> [PROBLEM REQUIREMENTS]: Reproduce all records word for word.

Stored data entries:
-=-=-
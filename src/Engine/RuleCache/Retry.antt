-- ===== src/Engine/RuleCache/Retry.antt =====
-- How often a Redis client tries to connect again: the `retryStrategy` of both clients
-- (src/engine/rule-cache.service.ts). ioredis calls it with the number of the attempt, from 1 on,
-- waits for the milliseconds that it returns, and gives up on `null`.
use complif_techinical_chall.Base.{
  ℕ, suc, ◌+◌, ◌-◌, ◌*◌, ◌≤◌, ◌≡◌, Option, none, some, List, [], ◌∷◌, length, leb, ltb, arith,
  if◌then◌else◌,
}
use complif_techinical_chall.Common.Repository.{total}

-- Math.min
abbrev min : ℕ → ℕ → ℕ
min a b = if leb a b then a else b

unfoldable pub retry_strategy : ℕ → Option ℕ
retry_strategy times = if ltb 3 times then none else some (min (times * 100) 3000)

-- the delays that a client waits for from its attempt `times` on, until it connects or gives up
pub data Waits : ℕ → List ℕ → Type 0 where
  ends : {times : ℕ} → Waits times []
  waits :
      {times delay : ℕ} {delays : List ℕ}
      → retry_strategy times ≡ some delay
      → Waits (suc times) delays
      → Waits times (delay ∷ delays)

-- how long, and how often, a client can still wait
abbrev time_left : ℕ → ℕ
time_left times =
    if leb 4 times then 0 else if leb 3 times then 300 else if leb 2 times then 500 else 600

step-bound :
    (times delay : ℕ)
    → retry_strategy times ≡ some delay
    → (delay + time_left (suc times) ≤ time_left times) × (suc (4 - suc times) ≤ 4 - times)
unfolding retry_strategy
step-bound times delay h = ground arith

Waits-bound :
    (times : ℕ) (delays : List ℕ)
    → Waits times delays
    → (total (λ d. d) delays ≤ time_left times) × (length delays ≤ 4 - times)
Waits-bound times [] ends = omega arith
Waits-bound times (delay ∷ delays) (waits h w) =
    omega (arith, step-bound times delay h, Waits-bound (suc times) delays w)

-- Connecting ends: from its first attempt on a client waits at most three times, 600 milliseconds
-- in all, and a fourth failure is the last.
pub retry_strategy-Waits :
    (delays : List ℕ) → Waits 1 delays → (length delays ≤ 3) × (total (λ d. d) delays ≤ 600)
retry_strategy-Waits delays w = omega (arith, Waits-bound 1 delays w)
-=-=-
> [ANSWER FOR THE TASK]:
filename src/Engine/RuleCache/Retry.antt
-- ===== src/Engine/RuleCache/Retry.antt =====
-- How often a Redis client tries to connect again: the `retryStrategy` of both clients
-- (src/engine/rule-cache.service.ts). ioredis calls it with the number of the attempt, from 1 on,
-- waits for the milliseconds that it returns, and gives up on `null`.
use complif_techinical_chall.Base.{
  ℕ, suc, ◌+◌, ◌-◌, ◌*◌, ◌≤◌, ◌≡◌, Option, none, some, List, [], ◌∷◌, length, leb, ltb, arith,
  if◌then◌else◌,
}
use complif_techinical_chall.Common.Repository.{total}

-- Math.min
abbrev min : ℕ → ℕ → ℕ
min a b = if leb a b then a else b

unfoldable pub retry_strategy : ℕ → Option ℕ
retry_strategy times = if ltb 3 times then none else some (min (times * 100) 3000)

-- the delays that a client waits for from its attempt `times` on, until it connects or gives up
pub data Waits : ℕ → List ℕ → Type 0 where
  ends : {times : ℕ} → Waits times []
  waits :
      {times delay : ℕ} {delays : List ℕ}
      → retry_strategy times ≡ some delay
      → Waits (suc times) delays
      → Waits times (delay ∷ delays)

-- how long, and how often, a client can still wait
abbrev time_left : ℕ → ℕ
time_left times =
    if leb 4 times then 0 else if leb 3 times then 300 else if leb 2 times then 500 else 600

step-bound :
    (times delay : ℕ)
    → retry_strategy times ≡ some delay
    → (delay + time_left (suc times) ≤ time_left times) × (suc (4 - suc times) ≤ 4 - times)
unfolding retry_strategy
step-bound times delay h = ground arith

Waits-bound :
    (times : ℕ) (delays : List ℕ)
    → Waits times delays
    → (total (λ d. d) delays ≤ time_left times) × (length delays ≤ 4 - times)
Waits-bound times [] ends = omega arith
Waits-bound times (delay ∷ delays) (waits h w) =
    omega (arith, step-bound times delay h, Waits-bound (suc times) delays w)

-- Connecting ends: from its first attempt on a client waits at most three times, 600 milliseconds
-- in all, and a fourth failure is the last.
pub retry_strategy-Waits :
    (delays : List ℕ) → Waits 1 delays → (length delays ≤ 3) × (total (λ d. d) delays ≤ 600)
retry_strategy-Waits delays w = omega (arith, Waits-bound 1 delays w)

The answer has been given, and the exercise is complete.